• [Task requirements]:
Repeat the listing below word for word, stopping after the line that contains "-- is called".

_____

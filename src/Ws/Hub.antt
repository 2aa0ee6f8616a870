-- ===== src/Ws/Hub.antt =====
-- The hub of internal/ws/hub.go and the subscriptions of internal/ws/conn.go. A `*Conn` is the
-- connection's id, which package uuid makes unique: `objects` is the heap of connections. Sockets,
-- send channels and JSON are not modelled: a notification is the set of connections that `enqueue`
-- is called for. `OnConnClose` is a callback without influence on the hub.
-- Each method is one step, though `Subscribe` and `unregister` release the connection's lock before
-- they change the hub's maps: orders of steps within them are not modelled.
pub mod Nested
pub mod Invariant
pub mod Delivery
use domus.Prelude.{
  ℕ, trim_space, Text, codes, Bool, true, false, ◌||◌, ◌&&◌, Option, none, some, List, [], ◌∷◌,
  ◌++◌, if◌then◌else◌,
}
use domus.Dict.{Dict, lookup, insert, delete}

-- The fields that the hub and the router read. `subs` is a set: the paths that have a value.
pub record Conn : Type 0 where
  pub user_id : Text
  pub role : Text
  pub subs : Dict Bool

pub record Hub : Type 0 where
  pub objects : Dict Conn
  pub conns : Dict Text
  pub user_conns : Dict (Dict Text)
  pub dir_subs : Dict (Dict Text)

unfoldable pub new_hub : Hub
new_hub = record { objects = []; conns = []; user_conns = []; dir_subs = [] }

abbrev pub or_empty {ℓ} : {V : Type ℓ} → Option (Dict V) → Dict V
or_empty none = []
or_empty (some m) = m

-- `LoadOrStore` of an empty map, then `Store` into it.
unfoldable pub store_in : Text → Text → Dict (Dict Text) → Dict (Dict Text)
store_in key id m = insert key (insert id id (or_empty (lookup key m))) m

-- `Load` of a map, then `Delete` from it.
unfoldable pub delete_in : Text → Text → Dict (Dict Text) → Dict (Dict Text)
delete_in key id m = elim (lookup key m) [ none ↦ m | some inner ↦ insert key (delete id inner) m ]

unfoldable pub directory_subscription_key : Text → Text → Text
directory_subscription_key user_id namespace_path = trim_space user_id ++ (0 ∷ namespace_path)

-- `newConn` and `register`. `id` is fresh.
unfoldable pub register : Text → Text → Text → Hub → Hub
unfolding store_in
register id user_id role h = record {
  objects = insert id (record { user_id = user_id; role = role; subs = [] }) h.objects;
  conns = insert id id h.conns;
  user_conns = store_in user_id id h.user_conns;
  dir_subs = h.dir_subs;
}

-- `Subscribe` of a connection, with `addDirSub`.
unfoldable pub subscribe : Text → Text → Hub → Hub
unfolding store_in directory_subscription_key
subscribe path id h = elim (lookup id h.objects) [
  | none ↦ h
  | some c ↦ record h {
    objects = insert id (record c { subs = insert path true c.subs }) h.objects;
    dir_subs = store_in (directory_subscription_key c.user_id path) id h.dir_subs;
  }
]

-- `Unsubscribe` of a connection, with `removeDirSub`.
unfoldable pub unsubscribe : Text → Text → Hub → Hub
unfolding delete_in directory_subscription_key
unsubscribe path id h = elim (lookup id h.objects) [
  | none ↦ h
  | some c ↦ record h {
    objects = insert id (record c { subs = delete path c.subs }) h.objects;
    dir_subs = delete_in (directory_subscription_key c.user_id path) id h.dir_subs;
  }
]

-- The last loop of `unregister`, over the paths.
unfoldable pub remove_dir_subs : Text → Text → Dict Bool → Dict (Dict Text) → Dict (Dict Text)
unfolding delete_in directory_subscription_key
remove_dir_subs user_id id [] m = m
remove_dir_subs user_id id ((path, _) ∷ subs) m =
    remove_dir_subs user_id id subs (delete_in (directory_subscription_key user_id path) id m)

unfoldable pub unregister : Text → Hub → Hub
unfolding delete_in remove_dir_subs
unregister id h = elim (lookup id h.objects) [
  | none ↦ h
  | some c ↦ record {
    objects = insert id (record c { subs = [] }) h.objects;
    conns = delete id h.conns;
    user_conns = delete_in c.user_id id h.user_conns;
    dir_subs = remove_dir_subs c.user_id id c.subs h.dir_subs;
  }
]

-- The connections that `NotifyDirectory` calls `enqueue` for: `Range` goes once through each.
unfoldable pub notify_directory : Text → Text → Hub → Dict Text
unfolding directory_subscription_key
notify_directory user_id resolved_path h =
    or_empty (lookup (directory_subscription_key user_id resolved_path) h.dir_subs)

-- The connections that `SendToUser` calls `enqueue` for.
unfoldable send_to_user : Text → Hub → Dict Text
send_to_user user_id h = or_empty (lookup user_id h.user_conns)
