-- ===== src/Ws/Hub/Nested.antt =====
-- Maps of maps, as the hub keeps them (internal/ws/hub.go): what is at a key of the map at a key.
use domus.Prelude.{
  Text, str_eq, eq_iff, ◌&&◌, ◌≡◌, Option, Option-cases, inl, inr, none, some, [], arith, refl,
  if◌then◌else◌,
}
use domus.Dict.{Dict, lookup, insert, delete}
use domus.Dict.Lookup.{lookup-insert, lookup-delete}
use domus.Ws.Hub.{or_empty, store_in, delete_in}

abbrev pub lookup_in : Text → Text → Dict (Dict Text) → Option Text
lookup_in key id m = lookup id (or_empty (lookup key m))

empty_shows : (i : Text) → lookup {V = Text} i [] ≡ none
unfolding lookup
empty_shows i = refl

pub lookup_in-store_in :
    (k i key id : Text) (m : Dict (Dict Text))
    → lookup_in k i (store_in key id m)
      ≡ (if str_eq key k && str_eq id i then some id else lookup_in k i m)
unfolding store_in
lookup_in-store_in k i key id m = ground (
  arith,
  lookup-insert key k (insert id id (or_empty (lookup key m))) m,
  lookup-insert id i id (or_empty (lookup key m)),
  eq_iff key k,
)

pub lookup_in-delete_in :
    (k i key id : Text) (m : Dict (Dict Text))
    → lookup_in k i (delete_in key id m)
      ≡ (if str_eq key k && str_eq id i then none else lookup_in k i m)
unfolding delete_in
lookup_in-delete_in k i key id m = elim (Option-cases (lookup key m)) [
  | inl n ↦ ground (arith, n, eq_iff key k, empty_shows i)
  | inr (inner, s) ↦
      ground
        (arith, s, lookup-insert key k (delete id inner) m, lookup-delete id i inner, eq_iff key k)
]
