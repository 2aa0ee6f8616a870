-- ===== src/Ws/Hub/Invariant.antt =====
-- What the hub's subscription maps keep (internal/ws/hub.go): a connection stands in the map of a
-- directory only while it is subscribed to that directory.
use domus.Prelude.{
  Text, str_eq, str_eq_refl, eq_iff, Bool, true, false, ◌&&◌, &&-eq_true, ◌≡◌, ◌≢◌, refl, sym, ◌∙◌,
  ap, Option-cases, Bool-cases, inl, inr, none, some, [], ◌∷◌, arith,
}
use domus.Dict.{Dict, lookup, insert, delete}
use domus.Dict.Lookup.{lookup-insert, lookup-delete}
use domus.Ws.Hub.{
  Conn, Hub, new_hub, register, subscribe, unsubscribe, unregister, remove_dir_subs, delete_in,
  directory_subscription_key,
}
use domus.Ws.Hub.Nested.{lookup_in, lookup_in-store_in, lookup_in-delete_in}

-- The connection `i` exists and is subscribed to a directory with that key.
abbrev pub Subscribed : Text → Text → Dict Conn → Type 0
Subscribed k i objects =
    (c : Conn) × (path : Text) × (lookup i objects ≡ some c)
    × (k ≡ directory_subscription_key c.user_id path)
    × (lookup path c.subs ≡ some true)

-- The map of the directory with a key holds a connection under its id.
abbrev pub IsWf : Hub → Type 0
IsWf h = (k i j : Text) → lookup_in k i h.dir_subs ≡ some j → (i ≡ j) × Subscribed k i h.objects

new_hub-IsWf : IsWf new_hub
unfolding new_hub lookup
new_hub-IsWf k i j h = absurd (ground (arith, h))

register-IsWf :
    (id user role : Text) (h : Hub)
    → lookup id h.objects ≡ none
    → IsWf h
    → IsWf (register id user role h)
unfolding register
register-IsWf id user role h fresh w k i j l =
    let (e, (c, path, o, s, t)) = w k i j l in
    (
      e,
      (
        c,
        path,
        ground (
          arith,
          lookup-insert id i (record { user_id = user; role = role; subs = [] }) h.objects,
          eq_iff id i,
          o,
          fresh,
        ),
        s,
        t,
      ),
    )

-- A connection's state is replaced by one of the same user that keeps the subscriptions with the
-- key.
replaced :
    (id k i : Text) (c c' : Conn) (objects : Dict Conn)
    → lookup id objects ≡ some c
    → c'.user_id ≡ c.user_id
    → ((p : Text)
        → k ≡ directory_subscription_key c.user_id p
        → lookup p c.subs ≡ some true
        → id ≡ i
        → lookup p c'.subs ≡ some true)
    → Subscribed k i objects
    → Subscribed k i (insert id c' objects)
replaced id k i c c' objects o same keep (c0, p, o0, s, t) = elim (Bool-cases (str_eq id i)) [
  | inr f ↦ (c0, p, ground (arith, lookup-insert id i c' objects, f, o0), s, t)
  | inl e ↦
      let at = (eq_iff id i).0 e in
      let one : c0 ≡ c = ground (arith, o, o0, at) in
      let key = s ∙ ap (λ (x : Conn). directory_subscription_key x.user_id p) one in
      (
        c',
        p,
        ground (arith, lookup-insert id i c' objects, e),
        key ∙ ap (λ x. directory_subscription_key x p) (sym same),
        keep p key (ap (λ (x : Conn). lookup p x.subs) (sym one) ∙ t) at,
      )
]

subscribe-IsWf : (path id : Text) (h : Hub) → IsWf h → IsWf (subscribe path id h)
unfolding subscribe
subscribe-IsWf path id h w k i j = elim (Option-cases (lookup id h.objects)) [
  | inl n ↦ rw (n, subscribe) (w k i j)
  | inr (c, o) ↦
      let c' : Conn = record c { subs = insert path true c.subs } in
      let key = directory_subscription_key c.user_id path in
      let new = lookup-insert id i c' h.objects in
      let shown = lookup_in-store_in k i key id h.dir_subs in
      rw (o, subscribe)
        (λ l. elim (Bool-cases (str_eq key k && str_eq id i)) [
          | inl t ↦
              let (a, b) = &&-eq_true (str_eq key k) (str_eq id i) t in
              (
                ground (arith, shown, t, l, (eq_iff id i).0 b),
                (
                  c',
                  path,
                  ground (arith, new, b),
                  sym ((eq_iff key k).0 a),
                  ground (arith, lookup-insert path path true c.subs, str_eq_refl path),
                ),
              )
          | inr f ↦
              let (e, s) = w k i j (ground (arith, shown, f, l)) in
              (
                e,
                replaced id k i c c' h.objects o refl
                    (λ p g t at. ground (arith, lookup-insert path p true c.subs, t)) s,
              )
        ])
]

-- A subscription with the key that was not removed is to another directory.
still_subscribed :
    (k path id i p : Text) (c : Conn)
    → k ≡ directory_subscription_key c.user_id p
    → (str_eq (directory_subscription_key c.user_id path) k && str_eq id i) ≡ false
    → id ≡ i
    → lookup p c.subs ≡ some true
    → lookup p (delete path c.subs) ≡ some true
still_subscribed k path id i p c g f at t = elim (Bool-cases (str_eq path p)) [
  | inr x ↦ ground (arith, lookup-delete path p c.subs, x, t)
  | inl x ↦
      let here = ap (directory_subscription_key c.user_id) ((eq_iff path p).0 x) ∙ sym g in
      absurd (ground (arith, f, (eq_iff _ _).1 here, (eq_iff id i).1 at))
]

unsubscribe-IsWf : (path id : Text) (h : Hub) → IsWf h → IsWf (unsubscribe path id h)
unfolding unsubscribe
unsubscribe-IsWf path id h w k i j = elim (Option-cases (lookup id h.objects)) [
  | inl n ↦ rw (n, unsubscribe) (w k i j)
  | inr (c, o) ↦
      let c' : Conn = record c { subs = delete path c.subs } in
      let key = directory_subscription_key c.user_id path in
      let shown = lookup_in-delete_in k i key id h.dir_subs in
      rw (o, unsubscribe)
        (λ l. elim (Bool-cases (str_eq key k && str_eq id i)) [
          | inl t ↦ absurd (ground (arith, shown, t, l))
          | inr f ↦
              let (e, s) = w k i j (ground (arith, shown, f, l)) in
              (
                e,
                replaced id k i c c' h.objects o refl
                    (λ p g t at. still_subscribed k path id i p c g f at t) s,
              )
        ])
]

lookup_later :
    (q p : Text) (b : Bool) (subs : Dict Bool)
    → str_eq q p ≡ false
    → lookup p ((q, b) ∷ subs) ≡ lookup p subs
unfolding lookup
lookup_later q p b subs f = ground (arith, f)

-- What the loop of `unregister` leaves, and that it removes each path.
remove_dir_subs-shows :
    (user id k i j : Text) (subs : Dict Bool) (m : Dict (Dict Text))
    → lookup_in k i (remove_dir_subs user id subs m) ≡ some j
    → (lookup_in k i m ≡ some j)
      × ((p : Text) → lookup p subs ≡ some true → k ≡ directory_subscription_key user p → id ≢ i)
unfolding remove_dir_subs
remove_dir_subs-shows user id k i j [] m h =
    (h, λ p l e. absurd (unfold lookup in ground (arith, l)))
remove_dir_subs-shows user id k i j ((q, b) ∷ subs) m h =
    let key = directory_subscription_key user q in
    let (l, rest) = remove_dir_subs-shows user id k i j subs (delete_in key id m) h in
    let shown = lookup_in-delete_in k i key id m in
    (
      ground (arith, shown, l),
      λ p s e at. elim (Bool-cases (str_eq q p)) [
        | inr x ↦ rest p (sym (lookup_later q p b subs x) ∙ s) e at
        | inl x ↦
            let here = ap (directory_subscription_key user) ((eq_iff q p).0 x) ∙ sym e in
            absurd (ground (arith, shown, l, (eq_iff _ _).1 here, (eq_iff id i).1 at))
      ],
    )

pub unregister-IsWf : (id : Text) (h : Hub) → IsWf h → IsWf (unregister id h)
unfolding unregister
unregister-IsWf id h w k i j = elim (Option-cases (lookup id h.objects)) [
  | inl n ↦ rw (n, unregister) (w k i j)
  | inr (c, o) ↦
      rw (o, unregister)
        (λ l.
          let (l', gone) = remove_dir_subs-shows c.user_id id k i j c.subs h.dir_subs l in
          let (e, s) = w k i j l' in
          (
            e,
            replaced id k i c (record c { subs = [] }) h.objects o refl
                (λ p g t at. absurd (gone p t g at)) s,
          ))
]

-- A call on the hub; `registers` is of a new connection.
pub data Call : Type 0 where
  registers : Text → Text → Text → Call
  subscribes unsubscribes : Text → Text → Call
  unregisters : Text → Call

unfoldable pub step : Call → Hub → Hub
step (registers id user role) h = register id user role h
step (subscribes path id) h = subscribe path id h
step (unsubscribes path id) h = unsubscribe path id h
step (unregisters id) h = unregister id h

-- A connection that registers is new.
abbrev pub IsFresh : Call → Hub → Type 0
IsFresh (registers id user role) h = lookup id h.objects ≡ none
IsFresh _ h = Unit

-- The states that the hub can be in: calls one after the other, from the empty hub.
pub data Reachable : Hub → Type 0 where
  started : Reachable new_hub
  stepped : (c : Call) (h : Hub) → IsFresh c h → Reachable h → Reachable (step c h)

step-IsWf : (c : Call) (h : Hub) → IsFresh c h → IsWf h → IsWf (step c h)
unfolding step
step-IsWf (registers id user role) h f w = register-IsWf id user role h f w
step-IsWf (subscribes path id) h f w = subscribe-IsWf path id h w
step-IsWf (unsubscribes path id) h f w = unsubscribe-IsWf path id h w
step-IsWf (unregisters id) h f w = unregister-IsWf id h w

-- In every state that the hub can reach, a connection stands in the map of a directory only under
-- its own id, and only while it exists and is subscribed to a directory with that key.
pub Reachable-IsWf : (h : Hub) → Reachable h → IsWf h
Reachable-IsWf h started = new_hub-IsWf
Reachable-IsWf h (stepped c g f r) = step-IsWf c g f (Reachable-IsWf g r)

_____

• [Problem solution]:
filename src/Ws/Hub.antt
repository 2aa0ee6f8616a870
-- ===== src/Ws/Hub.antt =====
-- The hub of internal/ws/hub.go and the subscriptions of internal/ws/conn.go. A `*Conn` is the
-- connection's id, which package uuid makes unique: `objects` is the heap of connections. Sockets,
-- send channels and JSON are not modelled: a notification is the set of connections that `enqueue`
-- is called for. `OnConnClose` is a callback without influence on the hub.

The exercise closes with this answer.